━━ SOURCE MATERIAL
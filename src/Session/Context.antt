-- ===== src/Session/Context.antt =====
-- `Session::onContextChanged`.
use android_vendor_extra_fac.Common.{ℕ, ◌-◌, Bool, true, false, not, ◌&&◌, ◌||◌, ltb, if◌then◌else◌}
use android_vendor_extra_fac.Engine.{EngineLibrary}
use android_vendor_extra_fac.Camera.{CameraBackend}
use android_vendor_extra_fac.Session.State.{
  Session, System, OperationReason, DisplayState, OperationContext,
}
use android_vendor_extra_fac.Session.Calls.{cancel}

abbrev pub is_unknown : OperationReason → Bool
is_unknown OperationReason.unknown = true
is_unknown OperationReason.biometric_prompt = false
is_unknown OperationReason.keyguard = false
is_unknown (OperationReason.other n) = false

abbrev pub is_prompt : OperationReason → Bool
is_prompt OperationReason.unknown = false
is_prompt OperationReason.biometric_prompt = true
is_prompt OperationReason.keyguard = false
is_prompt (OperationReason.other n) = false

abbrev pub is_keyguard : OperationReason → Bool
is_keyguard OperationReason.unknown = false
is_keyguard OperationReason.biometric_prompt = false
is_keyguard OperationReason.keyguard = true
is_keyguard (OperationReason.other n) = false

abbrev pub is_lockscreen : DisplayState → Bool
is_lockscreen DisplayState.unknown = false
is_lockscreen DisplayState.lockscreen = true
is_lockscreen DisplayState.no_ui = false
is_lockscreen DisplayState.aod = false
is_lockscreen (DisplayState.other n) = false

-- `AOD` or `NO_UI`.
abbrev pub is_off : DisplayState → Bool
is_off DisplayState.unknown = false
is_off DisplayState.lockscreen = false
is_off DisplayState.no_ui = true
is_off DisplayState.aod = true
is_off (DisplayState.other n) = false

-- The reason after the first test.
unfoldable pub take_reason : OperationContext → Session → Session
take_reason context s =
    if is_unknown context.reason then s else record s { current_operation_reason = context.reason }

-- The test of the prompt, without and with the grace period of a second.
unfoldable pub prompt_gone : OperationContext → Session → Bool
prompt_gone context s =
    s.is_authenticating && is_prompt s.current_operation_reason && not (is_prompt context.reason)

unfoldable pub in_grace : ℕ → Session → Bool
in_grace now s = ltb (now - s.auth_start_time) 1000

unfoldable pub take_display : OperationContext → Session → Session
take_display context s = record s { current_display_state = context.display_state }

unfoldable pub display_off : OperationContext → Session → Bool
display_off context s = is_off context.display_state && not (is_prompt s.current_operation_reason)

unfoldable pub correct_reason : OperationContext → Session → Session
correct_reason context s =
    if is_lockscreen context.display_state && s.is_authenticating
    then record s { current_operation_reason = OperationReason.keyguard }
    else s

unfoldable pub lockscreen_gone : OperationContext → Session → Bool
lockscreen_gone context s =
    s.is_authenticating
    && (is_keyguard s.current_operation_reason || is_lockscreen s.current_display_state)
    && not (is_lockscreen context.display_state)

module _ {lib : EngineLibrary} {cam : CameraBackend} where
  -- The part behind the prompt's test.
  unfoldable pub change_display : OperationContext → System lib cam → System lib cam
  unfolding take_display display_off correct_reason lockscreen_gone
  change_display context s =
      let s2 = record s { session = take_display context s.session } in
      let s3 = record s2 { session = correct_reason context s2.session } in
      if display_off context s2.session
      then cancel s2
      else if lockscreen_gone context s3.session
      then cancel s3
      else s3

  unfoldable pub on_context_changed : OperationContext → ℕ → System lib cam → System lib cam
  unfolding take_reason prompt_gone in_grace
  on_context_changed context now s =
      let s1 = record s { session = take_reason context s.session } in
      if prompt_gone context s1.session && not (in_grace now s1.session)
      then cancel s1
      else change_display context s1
━━━━
━━ SOURCE MATERIAL
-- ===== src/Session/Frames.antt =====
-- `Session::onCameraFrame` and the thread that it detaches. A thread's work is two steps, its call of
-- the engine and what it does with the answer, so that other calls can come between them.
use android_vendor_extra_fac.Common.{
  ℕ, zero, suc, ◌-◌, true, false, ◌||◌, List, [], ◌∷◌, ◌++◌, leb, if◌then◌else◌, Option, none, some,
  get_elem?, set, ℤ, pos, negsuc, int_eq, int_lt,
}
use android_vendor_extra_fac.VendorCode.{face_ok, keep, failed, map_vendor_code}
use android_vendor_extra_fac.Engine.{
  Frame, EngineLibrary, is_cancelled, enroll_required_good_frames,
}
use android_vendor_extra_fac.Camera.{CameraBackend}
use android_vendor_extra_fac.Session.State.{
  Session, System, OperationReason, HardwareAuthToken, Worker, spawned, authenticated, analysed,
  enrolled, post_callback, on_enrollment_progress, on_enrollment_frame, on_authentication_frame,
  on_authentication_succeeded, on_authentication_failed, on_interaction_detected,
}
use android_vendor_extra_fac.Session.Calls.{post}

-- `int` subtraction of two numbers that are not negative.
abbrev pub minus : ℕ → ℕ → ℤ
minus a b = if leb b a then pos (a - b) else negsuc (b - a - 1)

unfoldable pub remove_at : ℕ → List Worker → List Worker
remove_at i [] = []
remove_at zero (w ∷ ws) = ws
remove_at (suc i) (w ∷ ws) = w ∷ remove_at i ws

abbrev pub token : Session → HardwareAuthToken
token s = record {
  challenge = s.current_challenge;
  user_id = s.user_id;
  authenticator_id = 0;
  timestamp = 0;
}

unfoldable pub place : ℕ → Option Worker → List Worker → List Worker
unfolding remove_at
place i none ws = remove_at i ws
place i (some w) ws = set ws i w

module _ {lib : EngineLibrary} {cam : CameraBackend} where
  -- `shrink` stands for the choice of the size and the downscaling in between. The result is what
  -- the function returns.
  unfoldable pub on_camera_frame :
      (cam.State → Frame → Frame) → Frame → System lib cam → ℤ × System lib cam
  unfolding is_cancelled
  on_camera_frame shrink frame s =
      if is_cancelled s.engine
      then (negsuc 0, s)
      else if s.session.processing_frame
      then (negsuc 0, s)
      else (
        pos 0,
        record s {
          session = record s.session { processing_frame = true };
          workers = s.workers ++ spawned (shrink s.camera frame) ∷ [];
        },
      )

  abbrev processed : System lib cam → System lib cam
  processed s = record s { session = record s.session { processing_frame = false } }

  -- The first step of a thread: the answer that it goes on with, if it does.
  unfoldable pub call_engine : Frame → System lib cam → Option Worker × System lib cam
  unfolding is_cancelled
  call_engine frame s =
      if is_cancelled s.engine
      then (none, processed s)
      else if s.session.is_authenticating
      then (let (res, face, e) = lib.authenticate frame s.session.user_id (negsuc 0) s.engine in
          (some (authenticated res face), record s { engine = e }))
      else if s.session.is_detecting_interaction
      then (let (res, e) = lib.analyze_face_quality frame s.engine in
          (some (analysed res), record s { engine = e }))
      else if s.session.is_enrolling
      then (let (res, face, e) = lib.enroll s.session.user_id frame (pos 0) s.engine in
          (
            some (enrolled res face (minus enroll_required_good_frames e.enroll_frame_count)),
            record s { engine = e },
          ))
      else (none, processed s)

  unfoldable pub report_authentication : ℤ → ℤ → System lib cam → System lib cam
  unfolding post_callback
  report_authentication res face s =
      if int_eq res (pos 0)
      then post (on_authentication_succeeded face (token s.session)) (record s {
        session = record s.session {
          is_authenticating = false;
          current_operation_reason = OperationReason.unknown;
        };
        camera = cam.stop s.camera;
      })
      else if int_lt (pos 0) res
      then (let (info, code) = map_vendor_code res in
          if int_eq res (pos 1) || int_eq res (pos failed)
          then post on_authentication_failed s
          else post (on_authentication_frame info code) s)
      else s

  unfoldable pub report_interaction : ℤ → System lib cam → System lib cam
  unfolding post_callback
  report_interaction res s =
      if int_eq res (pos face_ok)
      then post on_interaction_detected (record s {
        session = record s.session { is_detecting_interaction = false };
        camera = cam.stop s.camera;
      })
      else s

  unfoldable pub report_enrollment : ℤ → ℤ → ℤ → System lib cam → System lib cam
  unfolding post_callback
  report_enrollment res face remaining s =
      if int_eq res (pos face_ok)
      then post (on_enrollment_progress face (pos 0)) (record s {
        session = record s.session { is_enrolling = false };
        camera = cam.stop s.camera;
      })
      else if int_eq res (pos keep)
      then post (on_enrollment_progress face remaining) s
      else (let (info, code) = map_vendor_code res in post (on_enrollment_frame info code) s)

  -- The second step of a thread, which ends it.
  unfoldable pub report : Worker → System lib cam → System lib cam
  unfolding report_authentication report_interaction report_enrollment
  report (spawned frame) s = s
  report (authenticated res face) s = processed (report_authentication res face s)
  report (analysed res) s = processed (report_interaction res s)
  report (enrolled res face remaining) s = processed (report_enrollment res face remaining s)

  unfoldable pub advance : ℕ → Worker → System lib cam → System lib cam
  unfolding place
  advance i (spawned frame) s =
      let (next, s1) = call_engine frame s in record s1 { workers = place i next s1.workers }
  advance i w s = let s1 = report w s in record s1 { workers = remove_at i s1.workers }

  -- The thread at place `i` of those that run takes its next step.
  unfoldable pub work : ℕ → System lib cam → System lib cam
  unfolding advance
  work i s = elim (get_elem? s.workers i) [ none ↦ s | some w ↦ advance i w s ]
━━━━
**PROBLEM REQUIREMENTS**
Copy the lines above exactly, beginning at the line that has "is_prompt OperationReason.keyguard = false" and stopping after the line that has "if is_lockscreen context.display_state", and omit the rest.

**SOLUTION TO THE EXERCISE**
is_prompt OperationReason.keyguard = false
is_prompt (OperationReason.other n) = false

abbrev pub is_keyguard : OperationReason → Bool
is_keyguard OperationReason.unknown = false
is_keyguard OperationReason.biometric_prompt = false
is_keyguard OperationReason.keyguard = true
is_keyguard (OperationReason.other n) = false

abbrev pub is_lockscreen : DisplayState → Bool
is_lockscreen DisplayState.unknown = false
is_lockscreen DisplayState.lockscreen = true
is_lockscreen DisplayState.no_ui = false
is_lockscreen DisplayState.aod = false
is_lockscreen (DisplayState.other n) = false

-- `AOD` or `NO_UI`.
abbrev pub is_off : DisplayState → Bool
is_off DisplayState.unknown = false
is_off DisplayState.lockscreen = false
is_off DisplayState.no_ui = true
is_off DisplayState.aod = true
is_off (DisplayState.other n) = false

-- The reason after the first test.
unfoldable pub take_reason : OperationContext → Session → Session
take_reason context s =
    if is_unknown context.reason then s else record s { current_operation_reason = context.reason }

-- The test of the prompt, without and with the grace period of a second.
unfoldable pub prompt_gone : OperationContext → Session → Bool
prompt_gone context s =
    s.is_authenticating && is_prompt s.current_operation_reason && not (is_prompt context.reason)

unfoldable pub in_grace : ℕ → Session → Bool
in_grace now s = ltb (now - s.auth_start_time) 1000

unfoldable pub take_display : OperationContext → Session → Session
take_display context s = record s { current_display_state = context.display_state }

unfoldable pub display_off : OperationContext → Session → Bool
display_off context s = is_off context.display_state && not (is_prompt s.current_operation_reason)

unfoldable pub correct_reason : OperationContext → Session → Session
correct_reason context s =
    if is_lockscreen context.display_state && s.is_authenticating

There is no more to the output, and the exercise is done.